There is no recorded history before and after a shift has occured. This being said all we can do is guess what will take place. I think the most important issue is the magnetic lines of force surrounding the earth have been disrupted to a degree. This has caused a slight temperature increase on earth. Once the core settles down and the lines of force strenghten we will see cooler temperatures. Then what will we call that delema?

The problem as I see it is, we are thinking this is somehow our fault. We are elevating ourselves to a GOD like status. Personally I feel we are along for the ride. Make the best of it. If we want to have better then find a way to get off this rock. Perhaps that is our mandate as superior beings.

57mm


----------



## cnsper (Sep 20, 2012)

Pole shift will do nothing but get you lost. People often confuse the magnetic polarity with the axis on which the Earth spins. Now if that was to change then all bets are off... LOL

Besides, then all our science books would be wrong because they say that penguins do not live in the north pole... LOL

Can you imagine looking at a map with Canada at the bottom....


----------



## ZoomZoom (Dec 18, 2009)

cnsper said:


> Can you imagine looking at a map with Canada at the bottom....


Here 'ya go.

Australia is no longer "down under".


----------



## webeable (Aug 29, 2012)

ZoomZoom said:


> Here 'ya go.
> 
> Australia is no longer "down under".


Does this mean we all have to walk around on our heads?


----------



## ZoomZoom (Dec 18, 2009)

webeable said:


> Does this mean we all have to walk around on our heads?


I guess it depends on where you live, and only if you believe those that are currently south of the equator already do that.  

We picked up a newer car recently.

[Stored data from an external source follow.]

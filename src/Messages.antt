-- ===== src/Messages.antt =====
-- The packed structs of Orderbook Server/message_format.h (the client's copy has the same text) and
-- their conversions to and from network byte order, field by field.
use simple_orderbook_v.Common.{ℕ, List}

pub data MessageType : Type 0 where
  unknown req_quit req_echo rsp_echo req_listusers rsp_listusers : MessageType
  req_add_order rsp_add_order req_cancel_order rsp_cancel_order : MessageType
  req_modify_order rsp_modify_order req_orderbook_status rsp_orderbook_status : MessageType
  notify_trade cmd_test cmd_error : MessageType

abbrev pub type_code : MessageType → ℕ
type_code unknown = 0x00
type_code req_quit = 0x01
type_code req_echo = 0x02
type_code rsp_echo = 0x03
type_code req_listusers = 0x04
type_code rsp_listusers = 0x05
type_code req_add_order = 0x10
type_code rsp_add_order = 0x11
type_code req_cancel_order = 0x12
type_code rsp_cancel_order = 0x13
type_code req_modify_order = 0x14
type_code rsp_modify_order = 0x15
type_code req_orderbook_status = 0x16
type_code rsp_orderbook_status = 0x17
type_code notify_trade = 0x18
type_code cmd_test = 0x20
type_code cmd_error = 0x30

-- `type` is the byte, which may be no enumerator's.
pub record MessageHeader : Type 0 where
  pub type : ℕ
  pub length : ℕ
  pub sequence : ℕ

pub record AddOrderRequest : Type 0 where
  pub header : MessageHeader
  pub order_type : ℕ
  pub side : ℕ
  pub price : ℕ
  pub quantity : ℕ
  pub client_order_id : ℕ

pub record AddOrderResponse : Type 0 where
  pub header : MessageHeader
  pub client_order_id : ℕ
  pub server_order_id : ℕ
  pub status : ℕ

pub record CancelOrderRequest : Type 0 where
  pub header : MessageHeader
  pub order_id : ℕ

pub record CancelOrderResponse : Type 0 where
  pub header : MessageHeader
  pub order_id : ℕ
  pub status : ℕ

pub record ModifyOrderRequest : Type 0 where
  pub header : MessageHeader
  pub order_id : ℕ
  pub side : ℕ
  pub price : ℕ
  pub quantity : ℕ

pub record TradeNotification : Type 0 where
  pub header : MessageHeader
  pub buy_order_id : ℕ
  pub sell_order_id : ℕ
  pub price : ℕ
  pub quantity : ℕ

pub record NetworkLevelInfo : Type 0 where
  pub price : ℕ
  pub quantity : ℕ

abbrev pub max_levels : ℕ
max_levels = 10

-- The two arrays have `max_levels` entries.
pub record OrderbookStatusResponse : Type 0 where
  pub header : MessageHeader
  pub bid_levels_count : ℕ
  pub ask_levels_count : ℕ
  pub bid_levels : List NetworkLevelInfo
  pub ask_levels : List NetworkLevelInfo

pub record EchoRequest : Type 0 where
  pub header : MessageHeader
  pub message : List ℕ

pub record EchoResponse : Type 0 where
  pub header : MessageHeader
  pub message : List ℕ

-- `sizeof` of the packed structs.

abbrev pub size_of_header : ℕ
size_of_header = 9

abbrev pub size_of_echo_request : ℕ
size_of_echo_request = 265

abbrev pub size_of_add_order_request : ℕ
size_of_add_order_request = 27

abbrev pub size_of_cancel_order_request : ℕ
size_of_cancel_order_request = 17

abbrev pub size_of_modify_order_request : ℕ
size_of_modify_order_request = 26

abbrev pub size_of_add_order_response : ℕ
size_of_add_order_response = 26

abbrev pub size_of_cancel_order_response : ℕ
size_of_cancel_order_response = 18

abbrev pub size_of_trade_notification : ℕ
size_of_trade_notification = 33

abbrev pub size_of_orderbook_status_response : ℕ
size_of_orderbook_status_response = 177
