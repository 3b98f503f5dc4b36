-- ===== src/Order.antt =====
-- The data of Orderbook Server/orderbook.cpp: order types, sides, orders, modifications, trades.
use simple_orderbook_v.Common.{ℕ, ◌+◌, ◌-◌, ◌%◌, ◌^◌, Bool, List, ℤ, ltb, ◌==◌, if◌then◌else◌}
use simple_orderbook_v.Outcome.{Outcome, returned, threw, logic_error}

pub data OrderType : Type 0 where
  good_till_cancel fill_and_kill : OrderType

pub data Side : Type 0 where
  buy sell : Side

-- `int32_t`
abbrev pub Price : Type 0
Price = ℤ

-- `uint32_t`
abbrev pub Quantity : Type 0
Quantity = ℕ

-- `uint64_t`
abbrev pub OrderId : Type 0
OrderId = ℕ

abbrev pub is_fill_and_kill : OrderType → Bool
is_fill_and_kill good_till_cancel = Bool.false
is_fill_and_kill fill_and_kill = Bool.true

pub record Order : Type 0 where
  pub order_type : OrderType
  pub order_id : OrderId
  pub side : Side
  pub price : Price
  pub initial_quantity : Quantity
  pub remaining_quantity : Quantity

-- The constructor `Order(orderType, orderID, side, price, quantity)`.
unfoldable pub new_order : OrderType → OrderId → Side → Price → Quantity → Order
new_order order_type order_id side price quantity = record {
  order_type = order_type;
  order_id = order_id;
  side = side;
  price = price;
  initial_quantity = quantity;
  remaining_quantity = quantity;
}

-- `uint32_t` subtraction, which wraps.
unfoldable pub filled_quantity : Order → Quantity
filled_quantity order = (order.initial_quantity + 2 ^ 32 - order.remaining_quantity) % 2 ^ 32

unfoldable pub is_filled : Order → Bool
is_filled order = order.remaining_quantity == 0

unfoldable pub fill : Order → Quantity → Outcome Order
fill order quantity =
    if ltb order.remaining_quantity quantity
    then threw logic_error
    else returned (record order { remaining_quantity = order.remaining_quantity - quantity })

pub record OrderModify : Type 0 where
  pub order_id : OrderId
  pub price : Price
  pub side : Side
  pub quantity : Quantity

-- The order that `make_shared` builds; where it is put is a matter of the caller.
unfoldable pub to_order : OrderModify → OrderType → Order
unfolding new_order
to_order modify order_type =
    new_order order_type modify.order_id modify.side modify.price modify.quantity

pub record TradeInfo : Type 0 where
  pub order_id : OrderId
  pub price : Price
  pub quantity : Quantity

pub record Trade : Type 0 where
  pub bid_trade : TradeInfo
  pub ask_trade : TradeInfo

pub record LevelInfo : Type 0 where
  pub price : Price
  pub quantity : Quantity

pub record OrderbookLevelInfos : Type 0 where
  pub bids : List LevelInfo
  pub asks : List LevelInfo
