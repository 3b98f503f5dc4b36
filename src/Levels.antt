-- ===== src/Levels.antt =====
-- `std::map<Price, OrderPointers, Compare>`: the price levels of one side of the book, as the list
-- of its entries in the order of iteration. `Compare` is the argument `before`.
pub mod Laws
pub mod Members
pub mod Queue
use simple_orderbook_v.Common.{
  ℕ, Bool, true, false, List, [], ◌∷◌, Option, none, some, ltb_ℤ, ◌==◌, if◌then◌else◌,
}
use simple_orderbook_v.Outcome.{Outcome, returned, undefined, out_of_range, or_throw, ◌>>=◌}
use simple_orderbook_v.Order.{Price}

-- `std::shared_ptr<Order>`: the address of the order on the heap.
abbrev pub OrderPointer : Type 0
OrderPointer = ℕ

-- `std::list<OrderPointer>`
abbrev pub OrderPointers : Type 0
OrderPointers = List OrderPointer

abbrev pub Levels : Type 0
Levels = List (Price × OrderPointers)

abbrev pub Compare : Type 0
Compare = Price → Price → Bool

-- `std::greater<Price>`, the order of the bids.
abbrev pub greater : Compare
greater p q = ltb_ℤ q p

-- `std::less<Price>`, the order of the asks.
abbrev pub less : Compare
less p q = ltb_ℤ p q

-- `levels[price]`, which inserts an empty list if the key is missing, changed in place by `f`.
unfoldable pub update : Compare → Price → (OrderPointers → OrderPointers) → Levels → Levels
update before price f [] = (price, f []) ∷ []
update before price f ((p, os) ∷ rest) =
    let later = update before price f rest in
    if before price p
    then (price, f []) ∷ (p, os) ∷ rest
    else if before p price
    then (p, os) ∷ later
    else (p, f os) ∷ rest

-- The list at a key, if there is one.
unfoldable pub find : Compare → Price → Levels → Option OrderPointers
find before price [] = none
find before price ((p, os) ∷ rest) =
    let later = find before price rest in
    if before price p then none else if before p price then later else some os

-- `levels.erase(price)`
unfoldable pub erase : Compare → Price → Levels → Levels
erase before price [] = []
erase before price ((p, os) ∷ rest) =
    let later = erase before price rest in
    if before price p then (p, os) ∷ rest else if before p price then (p, os) ∷ later else rest

unfoldable pub mem : OrderPointer → OrderPointers → Bool
mem a [] = false
mem a (x ∷ xs) = if a == x then true else mem a xs

-- `orders.erase(iterator)`: the node that the iterator stands for is the one that holds the pointer.
unfoldable pub erase_node : OrderPointer → OrderPointers → OrderPointers
erase_node a [] = []
erase_node a (x ∷ xs) = let later = erase_node a xs in if a == x then xs else x ∷ later

unfoldable pub push_back : OrderPointer → OrderPointers → OrderPointers
push_back a [] = a ∷ []
push_back a (x ∷ xs) = x ∷ push_back a xs

abbrev pub is_empty : OrderPointers → Bool
is_empty [] = true
is_empty (x ∷ xs) = false

-- `auto& orders = levels.at(price); orders.erase(location); if (orders.empty()) levels.erase(price);`
-- `at` throws if there is no such level; an iterator that is not of the list is undefined.
unfoldable pub remove : Compare → Price → OrderPointer → Levels → Outcome Levels
unfolding find update erase mem erase_node
remove before price location levels = do
  orders ← or_throw (find before price levels) out_of_range
  if mem location orders
      then (if is_empty (erase_node location orders)
          then returned (erase before price levels)
          else returned (update before price (erase_node location) levels))
      else undefined
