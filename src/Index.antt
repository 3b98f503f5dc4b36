-- ===== src/Index.antt =====
-- What `class Orderbook` of Orderbook Server/orderbook.cpp keeps besides its price levels: the index
-- `orders_`, a `std::unordered_map<OrderID, OrderEntry>`, and the orders on the heap, which the index
-- and the levels share.
pub mod Laws
use simple_orderbook_v.Common.{
  Bool, true, false, List, [], ◌∷◌, Option, none, some, ◌==◌, if◌then◌else◌,
}
use simple_orderbook_v.Order.{Order, OrderId}
use simple_orderbook_v.Levels.{OrderPointer}

-- `location` is the node of the level's list, which is known by the pointer that it holds.
pub record OrderEntry : Type 0 where
  pub order : OrderPointer
  pub location : OrderPointer

abbrev pub entry : OrderPointer → OrderEntry
entry p = record { order = p; location = p }

-- `std::unordered_map<OrderID, OrderEntry>`
abbrev pub Orders : Type 0
Orders = List (OrderId × OrderEntry)

unfoldable pub lookup : OrderId → Orders → Option OrderEntry
lookup id [] = none
lookup id ((k, e) ∷ rest) = if k == id then some e else lookup id rest

unfoldable pub contains : OrderId → Orders → Bool
unfolding lookup
contains id orders = elim (lookup id orders) [ none ↦ false | some e ↦ true ]

unfoldable pub erase_key : OrderId → Orders → Orders
erase_key id [] = []
erase_key id ((k, e) ∷ rest) =
    let later = erase_key id rest in if k == id then rest else (k, e) ∷ later

-- `insert` leaves an entry that is there as it is.
unfoldable pub insert : OrderId → OrderEntry → Orders → Orders
unfolding contains
insert id e orders = if contains id orders then orders else (id, e) ∷ orders

abbrev pub Heap : Type 0
Heap = OrderPointer → Order

unfoldable pub write : Heap → OrderPointer → Order → Heap
write heap p order a = if a == p then order else heap a
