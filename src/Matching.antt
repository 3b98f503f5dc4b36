-- ===== src/Matching.antt =====
-- The inner loop of `Orderbook::MatchOrders`, Orderbook Server/orderbook.cpp: the orders at the front
-- of the best bid level and of the best ask level are filled against one another. The orders live on
-- a heap, and `fill_at` writes through the pointers.
pub mod Front
pub mod Fills
pub mod Loop
pub mod Priority
pub mod Volume
use simple_orderbook_v.Common.{ℕ, zero, suc, min, [], ◌∷◌, ◌++◌, List, if◌then◌else◌}
use simple_orderbook_v.Outcome.{Outcome, returned, out_of_fuel, ◌>>=◌}
use simple_orderbook_v.Order.{Order, Quantity, Trade, fill, is_filled}
use simple_orderbook_v.Levels.{OrderPointer, OrderPointers}
use simple_orderbook_v.Index.{Heap, Orders, write, erase_key}

abbrev pub Trades : Type 0
Trades = List Trade

-- The variables of the inner loop of `MatchOrders`: the lists of the two best levels, and what the
-- loop changes besides.
pub record Matching : Type 0 where
  pub heap : Heap
  pub orders : Orders
  pub bids : OrderPointers
  pub asks : OrderPointers
  pub trades : Trades

abbrev pub pop_front : OrderPointers → OrderPointers
pop_front [] = []
pop_front (x ∷ xs) = xs

-- `order->Fill(quantity)`
unfoldable pub fill_at : OrderPointer → Quantity → Matching → Outcome Matching
unfolding fill write
fill_at p quantity m = do
  order ← fill (m.heap p) quantity
  returned (record m { heap = write m.heap p order })

-- `if (bid->isFilled()) { bids.pop_front(); orders_.erase(bid->GetOrderID()); }`
unfoldable pub pop_filled_bid : OrderPointer → Matching → Matching
unfolding is_filled erase_key
pop_filled_bid bid m =
    if is_filled (m.heap bid)
    then record m { bids = pop_front m.bids; orders = erase_key (m.heap bid).order_id m.orders }
    else m

unfoldable pub pop_filled_ask : OrderPointer → Matching → Matching
unfolding is_filled erase_key
pop_filled_ask ask m =
    if is_filled (m.heap ask)
    then record m { asks = pop_front m.asks; orders = erase_key (m.heap ask).order_id m.orders }
    else m

unfoldable pub trade_of : Order → Order → Quantity → Trade
trade_of bid ask quantity = record {
  bid_trade = record { order_id = bid.order_id; price = bid.price; quantity = quantity };
  ask_trade = record { order_id = ask.order_id; price = ask.price; quantity = quantity };
}

unfoldable pub push_trade : OrderPointer → OrderPointer → Quantity → Matching → Matching
unfolding trade_of
push_trade bid ask quantity m = record m {
  trades = m.trades ++ trade_of (m.heap bid) (m.heap ask) quantity ∷ [];
}

-- The body of the inner loop.
unfoldable pub match_front : OrderPointer → OrderPointer → Matching → Outcome Matching
unfolding fill_at pop_filled_bid pop_filled_ask push_trade
match_front bid ask m = do
  let quantity = min (m.heap bid).remaining_quantity (m.heap ask).remaining_quantity
  m1 ← fill_at bid quantity m
  m2 ← fill_at ask quantity m1
  returned (push_trade bid ask quantity (pop_filled_ask ask (pop_filled_bid bid m2)))

-- The inner loop.
unfoldable pub match_queues : ℕ → Matching → Outcome Matching
match_queues zero m = out_of_fuel
match_queues (suc fuel) m = elim m.bids [
  | [] ↦ returned m
  | bid ∷ _ ↦ elim m.asks [
    | [] ↦ returned m
    | ask ∷ _ ↦ match_front bid ask m >>= match_queues fuel
  ]
]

I was browsing the owners manual and came upon the compass option. It actually let you program it based on where you live?!?!? It had North America broken up into zones and for the most accurate reading, you set your zone.


----------



## kejmack (May 17, 2011)

Don't forget that when the poles shift, the water in our toilets and drains will swirl the opposite direction. Be prepared!


----------



## Dakine (Sep 4, 2012)

ZoomZoom said:


> Here 'ya go.
> 
> Australia is no longer "down under".


I seen what you done there!!!!!


----------



## BillS (May 30, 2011)

I believe that the earth's axis of rotation has shifted significantly at different times in the earth's history. Alaska used to be a swamp. Now much of it is permafrost. People find mammoths in permafrost in Siberia that still have undigested plants in their stomachs that would suggest sudden extreme changes in climate.

What it means for your area is anybody's guess. If the earth's axis suddenly changed by 20 degrees your area could suddenly become much warmer or much colder depending on where the new axis of rotation is.


----------



## stanb999 (Nov 14, 2011)

BillS said:


> I believe that the earth's axis of rotation has shifted significantly at different times in the earth's history. Alaska used to be a swamp. Now much of it is permafrost. People find mammoths in permafrost in Siberia that still have undigested plants in their stomachs that would suggest sudden extreme changes in climate.
> 
> What it means for your area is anybody's guess. If the earth's axis suddenly changed by 20 degrees your area could suddenly become much warmer or much colder depending on where the new axis of rotation is.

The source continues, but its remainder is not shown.